This is a common misunderstanding of vowpal wabbit.
One cannot compare batch learning with online learning.
vowpal wabbit is not a batch learner. It is an online learner. Online learners learn by looking at examples one at a time and slightly adjusting the weights of the model as they go.
There are advantages and disadvantages to online learning. The downside is that convergence to the final model is slow/gradual. The learner doesn't do a "perfect" job at extracting information from each example, because the process is iterative. Convergence on a final result is deliberately restrained/slow. This can make online learners appear weak on tiny data-sets like the above.
There are several upsides though:
- Online learners don't need to load the full data into memory (they work by examining one example at a time and adjusting the model based on the real-time observed per-example loss) so they can scale easily to billions of examples. A 2011 paper by 4 Yahoo! researchers describes how vowpal wabbit was used to learn from a tera (10^12) feature data-set in 1 hour on 1k nodes. Users regularly use
vw
to learn from billions of examples data-sets on their desktops and laptops.
- Online learning is adaptive and can track changes in conditions over time, so it can learn from non-stationary data, like learning against an adaptive adversary.
- Learning introspection: one can observe loss convergence rates while training and identify specific issues, and even gain significant insights from specific data-set examples or features.
- Online learners can learn in an incremental fashion so users can intermix labeled and unlabeled examples to keep learning while predicting at the same time.
- The estimated error, even during training, is always "out-of-sample" which is a good estimate of the test error. There's no need to split the data into train and test subsets or perform N-way cross-validation. The next (yet unseen) example is always used as a hold-out. This is a tremendous advantage over batch methods from the operational aspect. It greatly simplifies the typical machine-learning process. In addition, as long as you don't run multiple-passes over the data, it serves as a great over-fitting avoidance mechanism.

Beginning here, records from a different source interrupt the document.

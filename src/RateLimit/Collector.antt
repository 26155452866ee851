-- ===== src/RateLimit/Collector.antt =====
-- The collector is not seen: a bucket that it drops answers as a new one would.
use native.Mathlib.Nat.{mul-le-mul_left}
use nexcore_x_ui.Prelude.{
  ℕ, ◌+◌, ◌*◌, ◌≤◌, ◌≡◌, refl, Option, none, some, arith, Bool-cases, inl, inr,
}
use nexcore_x_ui.Prelude.Int.{pos, neg_part, ◌+ℤ◌, ◌-ℤ◌}
use nexcore_x_ui.RateLimit.{token, Bucket, refilled, hit, kept, is_idle, idle_limit}

-- Long after the last hit the bucket is full.
refilled_full :
    (burst refill now : ℕ) (b : Bucket)
    → neg_part b.tokens ≡ 0
    → burst * token + refill * b.last ≤ refill * now
    → refilled burst refill now b ≡ pos (burst * token)
unfolding refilled ◌+ℤ◌ ◌-ℤ◌
refilled_full burst refill now b h full = ground arith

-- With at least one token of burst, and a refill that fills the bucket in ten minutes: for a
-- bucket whose tokens are not below zero, or none, a hit that comes no earlier than a collection leaves the same bucket and gives the same answer as without the collection.
pub hit-kept :
    (burst refill tick now : ℕ) (o : Option Bucket)
    → 1 ≤ burst
    → burst * token ≤ refill * idle_limit
    → ((b : Bucket) → o ≡ some b → neg_part b.tokens ≡ 0)
    → tick ≤ now
    → hit burst refill now (kept tick o) ≡ hit burst refill now o
unfolding hit
hit-kept burst refill tick now none some_burst slow nonneg later = refl
hit-kept burst refill tick now (some b) some_burst slow nonneg later =
    elim (Bool-cases (is_idle tick b)) [
      | inl idle ↦
          (let grows : refill * (b.last + idle_limit) ≤ refill * now =
              mul-le-mul_left refill (ground arith) in
            let full = refilled_full burst refill now b (nonneg b refl) (omega arith) in
            rw (idle, full) (ground arith))
      | inr busy ↦ rw busy
    ]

Online learners are very sensitive to example order. The worst possible order for an online learner is when classes are clustered together (all, or almost all, -1
s appear first, followed by all 1
s) like the example above does. So the first thing to do to get better results from an online learner like vowpal wabbit, is to uniformly shuffle the 1
s and -1
s (or simply order by time, as the examples typically appear in real-life).
OK now what?
Q: Is there any way to produce a reasonable model in the sense that it gives reasonable predictions on small data when using an online learner?
A: Yes, there is!
You can emulate what a batch learner does more closely, by taking two simple steps:
- Uniformly shuffle
1
and -1
examples.
- Run multiple passes over the data to give the learner a chance to converge
Caveat: if you run multiple passes until error goes to 0, there's a danger of over-fitting. The online learner has perfectly learned your examples, but it may not generalize well to unseen data.

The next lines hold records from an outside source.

-- ===== src/Routes.antt =====
-- web/controller/api/v1.go, the route table of /api/v1: every route of the three groups with the scopes that
-- its group allows. GET /health stands outside of them and needs no token. A handler is its name.
pub mod AdminOnly
use nexcore_x_ui.Prelude.{ℕ, String, Bool, true, false, List, [], ◌∷◌}
use nexcore_x_ui.Table.{Table}
use nexcore_x_ui.Table.Schemas.{api_tokens_schema, settings_schema}
use nexcore_x_ui.Settings.{Env}
use nexcore_x_ui.Auth.{Request, Outcome, Gate, require_scope, auth_middleware}

pub data Method : Type 0 where
  get post put patch delete : Method

pub record Route : Type 0 where
  pub method : Method
  pub path : String
  pub handler : String
  pub allowed : List String

abbrev sub : List String
sub = "admin" ∷ "readonly" ∷ "subscription" ∷ []

abbrev ro : List String
ro = "admin" ∷ "readonly" ∷ []

abbrev admin : List String
admin = "admin" ∷ []

abbrev route : List String → Method → String → String → Route
route allowed method path handler = record {
  method = method;
  path = path;
  handler = handler;
  allowed = allowed;
}

abbrev pub routes : List Route
routes =
    route sub get "/inbounds/:id/links" "inboundLinks"
    ∷ route sub get "/subscription" "subscriptionAll"
    ∷ route sub get "/inbounds/:id/subscription" "subscriptionOne"
    ∷ route ro get "/server/status" "serverStatus"
    ∷ route ro get "/xray/status" "xrayStatus"
    ∷ route ro get "/xray/config" "xrayEffectiveConfig"
    ∷ route ro get "/xray/logs" "xrayLogs"
    ∷ route ro get "/xray/template" "xrayTemplateGet"
    ∷ route ro get "/inbounds" "listInbounds"
    ∷ route ro get "/inbounds/:id" "getInbound"
    ∷ route ro get "/inbounds/:id/clients" "listClients"
    ∷ route ro get "/outbounds" "listOutbounds"
    ∷ route ro get "/outbounds/:id" "getOutbound"
    ∷ route ro get "/block-rules/:id" "getBlockRule"
    ∷ route ro get "/traffic" "dbTraffic"
    ∷ route ro get "/traffic/live" "liveTraffic"
    ∷ route ro get "/online-ips" "listOnlineIps"
    ∷ route ro get "/online-ips-by-email" "listOnlineIpsByEmail"
    ∷ route ro get "/online-ips/:tag" "listOnlineIpsByTag"
    ∷ route ro get "/block-rules" "listBlockRules"
    ∷ route ro get "/block-rules/presets" "listBlockRulePresets"
    ∷ route ro get "/system/listening-ports" "listeningPorts"
    ∷ route ro get "/system/check-port" "checkPort"
    ∷ route ro get "/system/update-check" "updateCheck"
    ∷ route ro get "/system/update-progress" "updateProgress"
    ∷ route ro get "/system/update-releases" "updateReleases"
    ∷ route ro get "/access-logs" "listAccessLogs"
    ∷ route ro get "/certs" "listCerts"
    ∷ route ro get "/settings" "getSettings"
    ∷ route ro get "/tokens" "listTokens"
    ∷ route admin post "/xray/restart" "xrayRestart"
    ∷ route admin put "/xray/template" "xrayTemplatePut"
    ∷ route admin post "/inbounds" "createInbound"
    ∷ route admin put "/inbounds/:id" "updateInbound"
    ∷ route admin patch "/inbounds/:id/enable" "setInboundEnable"
    ∷ route admin delete "/inbounds/:id" "deleteInbound"
    ∷ route admin post "/inbounds/:id/reset-traffic" "resetInboundTraffic"
    ∷ route admin post "/inbounds/bulk" "bulkCreateInbounds"
    ∷ route admin patch "/inbounds/bulk-enable" "bulkSetEnable"
    ∷ route admin post "/inbounds/bulk-delete" "bulkDelete"
    ∷ route admin post "/inbounds/reset-all-traffic" "bulkResetTraffic"
    ∷ route admin post "/inbounds/disable-invalid" "disableInvalidInbounds"
    ∷ route admin post "/outbounds" "createOutbound"
    ∷ route admin put "/outbounds/:id" "updateOutbound"
    ∷ route admin patch "/outbounds/:id/enable" "setOutboundEnable"
    ∷ route admin delete "/outbounds/:id" "deleteOutbound"
    ∷ route admin post "/outbounds/bulk-delete" "bulkDeleteOutbounds"
    ∷ route admin post "/outbounds/:id/test" "testOutbound"
    ∷ route admin patch "/settings" "patchSettings"
    ∷ route admin post "/settings/api-token/rotate" "rotateAPIToken"
    ∷ route admin post "/tokens" "createToken"
    ∷ route admin patch "/tokens/:id" "renameToken"
    ∷ route admin post "/tokens/:id/revoke" "revokeToken"
    ∷ route admin delete "/tokens/:id" "deleteToken"
    ∷ route admin post "/inbounds/:id/clients" "addClient"
    ∷ route admin put "/inbounds/:id/clients/:identifier" "updateClient"
    ∷ route admin delete "/inbounds/:id/clients/:identifier" "deleteClient"
    ∷ route admin get "/inbounds/:id/client-traffics" "listClientTraffics"
    ∷ route admin get "/clients/:email/traffic" "getClientTraffic"
    ∷ route admin post "/clients/:email/reset-traffic" "resetClientTraffic"
    ∷ route admin patch "/clients/:email/limits" "patchClientLimits"
    ∷ route admin patch "/clients/:email/enable" "setClientEnable"
    ∷ route admin post "/clients/disable-expired" "disableExpiredClients"
    ∷ route sub get "/inbounds/:id/links/by-email" "inboundLinksByEmail"
    ∷ route sub get "/inbounds/:id/clients/:email/share" "clientShare"
    ∷ route admin post "/certs" "uploadCert"
    ∷ route admin delete "/certs/:name" "deleteCert"
    ∷ route admin post "/block-rules" "createBlockRule"
    ∷ route admin put "/block-rules/:id" "updateBlockRule"
    ∷ route admin patch "/block-rules/:id/enable" "setBlockRuleEnable"
    ∷ route admin delete "/block-rules/:id" "deleteBlockRule"
    ∷ route admin post "/block-rules/apply-preset" "applyBlockRulePreset"
    ∷ route admin post "/system/restart-panel" "restartPanel"
    ∷ route admin post "/login-tokens" "createMagicToken"
    ∷ route admin delete "/access-logs" "purgeAccessLogs"
    ∷ route admin post "/system/update-apply" "updateApply"
    ∷ []

module _ (tokens : Table api_tokens_schema) (hash : String → String)
    (settings : Table settings_schema) (env : Env) where
  -- The gate in front of a route's handler: AuthMiddleware, then the group's RequireScope. The rate limiter
  -- between them turns requests away and admits none.
  unfoldable pub gate :
      Route → Request → ℕ → Gate tokens hash settings env → Outcome × Gate tokens hash settings env
  unfolding require_scope auth_middleware
  gate r req now s =
      let (o, t) = auth_middleware tokens hash settings env req now s in
      (require_scope r.allowed o, t)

The second issue here is that the predictions vw
gives are not logistic-function transformed (this is unfortunate). They are akin to standard deviations from the middle point (truncated at [-50, 50]). You need to pipe the predictions via utl/logistic
(in the source tree) to get signed probabilities. Note that these signed probabilities are in the range [-1, +1] rather than [0, 1]. You may use logistic -0
instead of logistic
to map them to a [0, 1] range.
So given the above, here's a recipe that should give you more expected results:
# Train:
vw train.vw -c --passes 1000 -f model.vw --loss_function logistic --holdout_off
# Predict on train set (just as a sanity check) using the just generated model:
vw -t -i model.vw train.vw -p /dev/stdout | logistic | sort -tP -n -k 2
Giving this more expected result on your data-set:
-0.95674145247658 P1
-0.930208359811439 P2
-0.888329575506748 P3
-0.823617739247262 P4
-0.726830630992614 P5
-0.405323815830325 P6
0.0618902961794472 P7
0.298575998150221 P8
0.503468453150847 P9
0.663996516371277 P10
0.715480084449868 P11
0.780212725426778 P12
You could make the results more/less polarized (closer to 1
on the older ages and closer to -1
on the younger) by increasing/decreasing the number of passes. You may also be interested in the following options for training:
--max_prediction <arg> sets the max prediction to <arg>
--min_prediction <arg> sets the min prediction to <arg>
-l <arg> set learning rate to <arg>
For example, by increasing the learning rate from the default 0.5
to a large number (e.g. 10
) you can force vw
to converge much faster when training on small data-sets thus requiring less passes to get there.
Update
As of mid 2014, vw
no longer requires the external logistic
utility to map predictions back to [0,1] range. A new --link logistic
option maps predictions to the logistic function [0, 1] range. Similarly --link glf1
maps predictions to a generalized logistic function [-1, 1] range.